Une réforme de la Protection universelle maladie (PUMa, ex-CMU) dont bénéficient les demandeurs d'asile, introduisant une période de carence de trois mois pour les soins non-urgents, serait également envisagée.

Plusieurs responsables LREM dont Stanislas Guérini ont aussi appelé à imaginer une politique "fondée sur des objectifs chiffrés", idée se rapprochant des quotas.

"Des quotas n’auraient pas de sens pour les demandeurs d’asile ou pour le regroupement familial. En revanche, on peut débattre de nos besoins de main-d’œuvre étrangère. Par ailleurs, il faut se fixer des objectifs ambitieux pour l’accueil des étudiants", a dit Edouard Philippe.

Dans la majorité, la mise en avant du thème de l'immigration, qui avait déjà divisé lors du vote sur la loi Asile et immigration en 2018, a fait grincer une partie de l'aile gauche. "C'est le genre de sujet où l'on a intérêt à faire plus et parler moins", juge un poids lourd.

Mais le gouvernement s'est employé à déminer la question, multipliant les rendez-vous d'explication. "Les tensions (internes) sont retombées", assure le patron des députés LREM Gilles Le Gendre.

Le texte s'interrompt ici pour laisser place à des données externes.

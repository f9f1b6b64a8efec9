-- ===== src/Pmap/Alloc/Decref.antt =====
-- `page_decref` on a page in use.
use jos_vmx.Base.{
  ℕ, ◌<◌, ◌+◌, ◌-◌, ◌^◌, ◌%◌, ◌≡◌, ◌≢◌, false, List, ◌∷◌, ◌==◌, if◌then◌else◌, arith, inl, inr, ◌∙◌,
  update, Bool-cases,
}
use jos_vmx.Pmap.{Page, Pmap, set_page, lh_first}
use jos_vmx.Pmap.Alloc.{page_free, page_decref}
use jos_vmx.Pmap.Alloc.Chain.{has, IsFreeList, Chain-frame}
use jos_vmx.Pmap.Alloc.Laws.{
  page_free-IsFreeList, insert_head-pp_ref, insert_head-phys, insert_head-npages,
  insert_head-invlpg,
}

-- A page that is not free may be rewritten.
pub set_page-IsFreeList :
    (p : ℕ) (v : Page) (m : Pmap) (xs : List ℕ)
    → IsFreeList m xs
    → has p xs ≡ false
    → IsFreeList (set_page p v m) xs
set_page-IsFreeList p v m xs f out = record {
  chain =
      Chain-frame m.pages (update m.pages p v) lh_first m.page_free_list xs (λ a h. ground arith)
        f.chain;
  inside = f.inside;
}

abbrev dropped : ℕ → Pmap → Pmap
dropped p m = set_page p (record (m.pages p) { pp_ref = (m.pages p).pp_ref - 1 }) m

module _ (p : ℕ) (m : Pmap) where
  page_decref-last : (m.pages p).pp_ref ≡ 1 → page_decref p m ≡ page_free p (dropped p m)
  unfolding page_decref
  page_decref-last one = rw (one, page_decref)

  page_decref-more :
      1 < (m.pages p).pp_ref → (m.pages p).pp_ref < 2 ^ 16 → page_decref p m ≡ dropped p m
  unfolding page_decref
  page_decref-more more small =
      let e : ((m.pages p).pp_ref + 2 ^ 16 - 1) % 2 ^ 16 ≡ (m.pages p).pp_ref - 1 = omega arith in
      let f : ((m.pages p).pp_ref - 1 == 0) ≡ false = ground arith in rw (e, f)

  page_free-pp_ref : (a : ℕ) → ((page_free p m).pages a).pp_ref ≡ (m.pages a).pp_ref
  unfolding page_free
  page_free-pp_ref a = insert_head-pp_ref p m a

module _ (p : ℕ) (m : Pmap) where
  pub page_decref-phys : (page_decref p m).phys ≡ m.phys
  unfolding page_decref
  page_decref-phys =
      ground (arith, insert_head-phys p (set_page p (record (m.pages p) { pp_ref = 0 }) m))

  pub page_decref-npages : (page_decref p m).npages ≡ m.npages
  unfolding page_decref
  page_decref-npages =
      ground (arith, insert_head-npages p (set_page p (record (m.pages p) { pp_ref = 0 }) m))

  pub page_decref-invlpg : (page_decref p m).invlpg ≡ m.invlpg
  unfolding page_decref
  page_decref-invlpg =
      ground (arith, insert_head-invlpg p (set_page p (record (m.pages p) { pp_ref = 0 }) m))

-- Dropping a reference to an existing page that is not free, with a 16-bit count above 0, lowers its
-- count by one and no other page's; the last reference to go puts the page first on the free list,
-- before that the free list stays.
pub page_decref-IsFreeList :
    (p : ℕ) (m : Pmap) (xs : List ℕ)
    → IsFreeList m xs
    → has p xs ≡ false
    → p < m.npages
    → 0 < (m.pages p).pp_ref
    → (m.pages p).pp_ref < 2 ^ 16
    → IsFreeList (page_decref p m) (if (m.pages p).pp_ref == 1 then p ∷ xs else xs)
      × (((page_decref p m).pages p).pp_ref + 1 ≡ (m.pages p).pp_ref)
      × ((a : ℕ) → p ≢ a → ((page_decref p m).pages a).pp_ref ≡ (m.pages a).pp_ref)
page_decref-IsFreeList p m xs f out h pos small = elim (Bool-cases ((m.pages p).pp_ref == 1)) [
  | inl one ↦
      let e : (m.pages p).pp_ref ≡ 1 = ground arith in
      rw (page_decref-last p m e, one)
        (
          page_free-IsFreeList p (dropped p m) xs (set_page-IsFreeList p _ m xs f out) out
              (ground arith) h,
          ground (arith, page_free-pp_ref p (dropped p m) p),
          λ a ne. page_free-pp_ref p (dropped p m) a ∙ (ground arith),
        )
  | inr more ↦
      rw (page_decref-more p m (ground arith) small, more)
        (set_page-IsFreeList p _ m xs f out, ground arith, λ a ne. ground arith)
]

-- A count of 0 wraps.
pub page_decref_zero :
    (p : ℕ) (m : Pmap) → (m.pages p).pp_ref ≡ 0 → ((page_decref p m).pages p).pp_ref ≡ 65535
unfolding page_decref
page_decref_zero p m e = rw (e, page_decref) (ground arith)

"Il n'y aura pas de loi asile-immigration-intégration 2", a assuré Matignon. Mais "rien n'interdit que des dispositions puissent rejoindre d'autres véhicules législatifs", souligne Florent Boudié (LREM).

La droite voit avec scepticisme les intentions présidentielles, disant attendre "des actes".

A gauche, on dénonce "une forme d'instrumentalisation" du thème de l'immigration, "une volonté de faire du pied" aux électeurs du Rassemblement national.